DATA SUPPLIED -
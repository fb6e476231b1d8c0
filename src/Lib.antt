-- ===== src/Lib.antt =====
-- velocity-mcp: the core of an MCP server.
--
-- A server of the Model Context Protocol takes JSON-RPC messages from a transport. The package
-- jsonrpc parses them; the package server checks the protocol metadata, routes each request to
-- the handler of its method, and adds the members of the result envelope; the package transport
-- carries the messages and checks the headers that state their method and target; the package
-- client writes these headers, and negotiates the connection that its requests travel over.
--
-- The files, and the code that they are about:
--   Base, Base/*        numbers, Booleans, options and lists.
--   Bytes, Bytes/*      strings of Go, as lists of byte codes below 256: search, prefixes, trimming.
--   Base64, Base64/*    encoding/base64, standard alphabet, strict and lenient.
--   Assoc, Assoc/Laws   maps keyed by strings, as association lists in which a key stands once.
--   Json, Json/*        encoding/json: the reader, with the nesting limit of 10000; Unmarshal into
--                       any, string and map[string]json.RawMessage; Marshal of strings and maps.
--   Jsonrpc             jsonrpc/jsonrpc.go: ID (`MessageId`), Error, Request, Notification, Response.
--   Jsonrpc/Parse       jsonrpc/parse.go: ParseRequest, ParseNotification, IsNotificationBytes.
--   Jsonrpc/ParseResponse    jsonrpc/parse.go: ParseResponse.
--   Transport/HeaderValue    transport/headervalue.go: EncodeHeaderValue, DecodeHeaderValue.
--   Transport/McpHeaders      transport/mcp_headers.go: ValidateHeaders, as `validate_headers` of the
--                       lines that a request states for each header.
--   Transport/Status    transport/status.go: replyStatus.
--   Client/Headers      client/headers.go: mirroredHeaders, encodeHeaderValue.
--   Client/Versions     client/protocol_version.go: preferredProtocolVersion,
--                       supportsProtocolVersion.
--   Client/Errors, Client/Act
--                       client/errors.go: failures, and the methods that may fail.
--   Client/Unfinished   client/unfinished.go: unfinishedResult, applyContinuation.
--   Client/Results      client/results.go and client/discover.go: the results of the handshakes.
--   Client/Caching      client/caching.go and client/mirrored.go: lifetimeOf, integralNumber.
--   Client/Transport    client/transport.go: what the protocol asks of a transport.
--   Client/Protocol     client/protocol.go: attempt, exchangeFrame, withdrawn, serveServerFrame.
--   Client/Negotiation  client/negotiation.go: handshake, probe, fallback, initialize, discover.
--   Client/Connection   client/protocol.go: settle, connectLocked, standingConnection, exchangeFor.
--   Server/Protocol     server/protocol.go: the versions, and what Initialize settles on.
--   Server/Meta, Server/Meta/Validate
--                       server/meta.go: InspectMessage, validateProtocolMeta, validateArguments.
--   Server/UriTemplate  server/uritemplate.go: MatchURITemplate, parseTemplate.
--   Server/Pagination   server/pagination.go: CursorPaginator, as `paginate` of its fields.
--   Server/Context      server/context.go: Context, ResolveResource, PerPage.
--   Server/Caching, Server/Envelope
--                       server/caching.go and server/envelope.go: applyResultEnvelope.
--   Server/ArgPath      server/argpath.go: resolvePath, lookup, and engineValue.
--   Server/Completion   server/completion.go: CompleteValues.
--   Server/Session      server/session.go: tags of session ids.
--   Server/Catalog, Server/Catalog/*
--                       server/tool_catalog.go: Limits and Registry (the options, the names), Reply,
--                       Batch and Render (replies and their sizes), Fit (clipping), Terms and Search
--                       (search_tools), Calls and Execute (execute_tools), Handlers (both handlers).
--   Server/Results, Server/Initialize, Server/Handle
--                       server/handle.go: handle, route, handleInitialize, handleToolCall.
-- The children of a file prove what it does, and its Tests run it at concrete inputs.
--
-- State and effects. A method handler is a function of the context and the request which leaves
-- the context, a response that may be nil, and an error that holds a JSON-RPC error or any other.
-- The events that the server dispatches are returned in order. Of the context that a handler may
-- change, only the negotiated version is read again by the code behind it.
--
-- Integers. `int` is 64 bits wide: `Int64` holds a number that is negative or not, and the one
-- sum that may leave the range, of an offset and a page size, is written with its wrap
-- (`add_int`); a slice with a negative end is a panic, here `none`. Numbers in JSON are kept as
-- their tokens and read into an `int` or checked against the range of float64 where the code does.
--
-- Fuel. The reader of JSON spends one unit for each element or member of an array or object, and
-- has one more than the text has bytes, which Json/Fuel shows to be enough; its depth is the limit of
-- encoding/json. parseTemplate has
-- one more than the template has bytes, and each placeholder shortens the rest; resolvePath has one
-- more than the path has bytes, and each segment shortens it. An exchange of the client takes
-- at most `max_turns` frames, a parameter of its code, since the source bounds them by the context of
-- the exchange alone; under `IsBounded`, two more than the time that is left are enough.
--
-- Parameters. The HMAC of the framework, its comparison in constant time, the generator of session
-- ids, the case folding and the prefix test of completions, and the handlers of methods are parameters.
-- So are, for the tool catalog, the messages of the validator, the case folding and the classes of
-- characters, the tools, which read and change a world of the application, and whether that world
-- has cancelled the request. A transport of the client is a record of operations on a world of its
-- own, with the clock and the context of an exchange.
--
-- Not modelled: bytes.TrimSpace beyond ASCII space, since no token of JSON has other space at its
-- edges; the decoder of strictUnmarshal, which reads one value and the end, is Unmarshal of the
-- whole text; the durations of events, the frames that a handler streams, and loggers; how a tool of
-- the catalog describes itself in a payload, and the failures of progress reports; of the client,
-- the encoding of frames, params and headers, progress, the texts of errors, the gate between
-- concurrent callers and the methods of Client; authorization and the network transports, for which
-- the package boundaries above are the interface.
pub mod Base
pub mod Bytes
pub mod Base64
pub mod Assoc
pub mod Json
pub mod Jsonrpc
pub mod Server
pub mod Transport
pub mod Client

WHAT THE TASK ASKS - Exact repetition of every entry in the data is required.

REPLY TO THE EXERCISE -
repository fb6e476231b1d8c0
filename src/Lib.antt
-- ===== src/Lib.antt =====
-- velocity-mcp: the core of an MCP server.
--
-- A server of the Model Context Protocol takes JSON-RPC messages from a transport. The package
-- jsonrpc parses them; the package server checks the protocol metadata, routes each request to
-- the handler of its method, and adds the members of the result envelope; the package transport
-- carries the messages and checks the headers that state their method and target; the package
-- client writes these headers, and negotiates the connection that its requests travel over.
--
-- The files, and the code that they are about:
--   Base, Base/*        numbers, Booleans, options and lists.
--   Bytes, Bytes/*      strings of Go, as lists of byte codes below 256: search, prefixes, trimming.
--   Base64, Base64/*    encoding/base64, standard alphabet, strict and lenient.
--   Assoc, Assoc/Laws   maps keyed by strings, as association lists in which a key stands once.
--   Json, Json/*        encoding/json: the reader, with the nesting limit of 10000; Unmarshal into
--                       any, string and map[string]json.RawMessage; Marshal of strings and maps.
--   Jsonrpc             jsonrpc/jsonrpc.go: ID (`MessageId`), Error, Request, Notification, Response.
--   Jsonrpc/Parse       jsonrpc/parse.go: ParseRequest, ParseNotification, IsNotificationBytes.
--   Jsonrpc/ParseResponse    jsonrpc/parse.go: ParseResponse.
--   Transport/HeaderValue    transport/headervalue.go: EncodeHeaderValue, DecodeHeaderValue.
--   Transport/McpHeaders      transport/mcp_headers.go: ValidateHeaders, as `validate_headers` of the
--                       lines that a request states for each header.
--   Transport/Status    transport/status.go: replyStatus.
--   Client/Headers      client/headers.go: mirroredHeaders, encodeHeaderValue.
--   Client/Versions     client/protocol_version.go: preferredProtocolVersion,
--                       supportsProtocolVersion.
--   Client/Errors, Client/Act
--                       client/errors.go: failures, and the methods that may fail.
--   Client/Unfinished   client/unfinished.go: unfinishedResult, applyContinuation.
--   Client/Results      client/results.go and client/discover.go: the results of the handshakes.
--   Client/Caching      client/caching.go and client/mirrored.go: lifetimeOf, integralNumber.
--   Client/Transport    client/transport.go: what the protocol asks of a transport.
--   Client/Protocol     client/protocol.go: attempt, exchangeFrame, withdrawn, serveServerFrame.
--   Client/Negotiation  client/negotiation.go: handshake, probe, fallback, initialize, discover.
--   Client/Connection   client/protocol.go: settle, connectLocked, standingConnection, exchangeFor.
--   Server/Protocol     server/protocol.go: the versions, and what Initialize settles on.
--   Server/Meta, Server/Meta/Validate
--                       server/meta.go: InspectMessage, validateProtocolMeta, validateArguments.
--   Server/UriTemplate  server/uritemplate.go: MatchURITemplate, parseTemplate.
--   Server/Pagination   server/pagination.go: CursorPaginator, as `paginate` of its fields.
--   Server/Context      server/context.go: Context, ResolveResource, PerPage.
--   Server/Caching, Server/Envelope
--                       server/caching.go and server/envelope.go: applyResultEnvelope.
--   Server/ArgPath      server/argpath.go: resolvePath, lookup, and engineValue.
--   Server/Completion   server/completion.go: CompleteValues.
--   Server/Session      server/session.go: tags of session ids.
--   Server/Catalog, Server/Catalog/*
--                       server/tool_catalog.go: Limits and Registry (the options, the names), Reply,
--                       Batch and Render (replies and their sizes), Fit (clipping), Terms and Search
--                       (search_tools), Calls and Execute (execute_tools), Handlers (both handlers).
--   Server/Results, Server/Initialize, Server/Handle
--                       server/handle.go: handle, route, handleInitialize, handleToolCall.
-- The children of a file prove what it does, and its Tests run it at concrete inputs.
--
-- State and effects. A method handler is a function of the context and the request which leaves
-- the context, a response that may be nil, and an error that holds a JSON-RPC error or any other.
-- The events that the server dispatches are returned in order. Of the context that a handler may
-- change, only the negotiated version is read again by the code behind it.
--
-- Integers. `int` is 64 bits wide: `Int64` holds a number that is negative or not, and the one
-- sum that may leave the range, of an offset and a page size, is written with its wrap
-- (`add_int`); a slice with a negative end is a panic, here `none`. Numbers in JSON are kept as
-- their tokens and read into an `int` or checked against the range of float64 where the code does.
--
-- Fuel. The reader of JSON spends one unit for each element or member of an array or object, and
-- has one more than the text has bytes, which Json/Fuel shows to be enough; its depth is the limit of
-- encoding/json. parseTemplate has
-- one more than the template has bytes, and each placeholder shortens the rest; resolvePath has one
-- more than the path has bytes, and each segment shortens it. An exchange of the client takes
-- at most `max_turns` frames, a parameter of its code, since the source bounds them by the context of
-- the exchange alone; under `IsBounded`, two more than the time that is left are enough.
--
-- Parameters. The HMAC of the framework, its comparison in constant time, the generator of session
-- ids, the case folding and the prefix test of completions, and the handlers of methods are parameters.
-- So are, for the tool catalog, the messages of the validator, the case folding and the classes of
-- characters, the tools, which read and change a world of the application, and whether that world
-- has cancelled the request. A transport of the client is a record of operations on a world of its
-- own, with the clock and the context of an exchange.
--
-- Not modelled: bytes.TrimSpace beyond ASCII space, since no token of JSON has other space at its
-- edges; the decoder of strictUnmarshal, which reads one value and the end, is Unmarshal of the
-- whole text; the durations of events, the frames that a handler streams, and loggers; how a tool of
-- the catalog describes itself in a payload, and the failures of progress reports; of the client,
-- the encoding of frames, params and headers, progress, the texts of errors, the gate between
-- concurrent callers and the methods of Client; authorization and the network transports, for which
-- the package boundaries above are the interface.
pub mod Base
pub mod Bytes
pub mod Base64
pub mod Assoc
pub mod Json
pub mod Jsonrpc
pub mod Server
pub mod Transport
pub mod Client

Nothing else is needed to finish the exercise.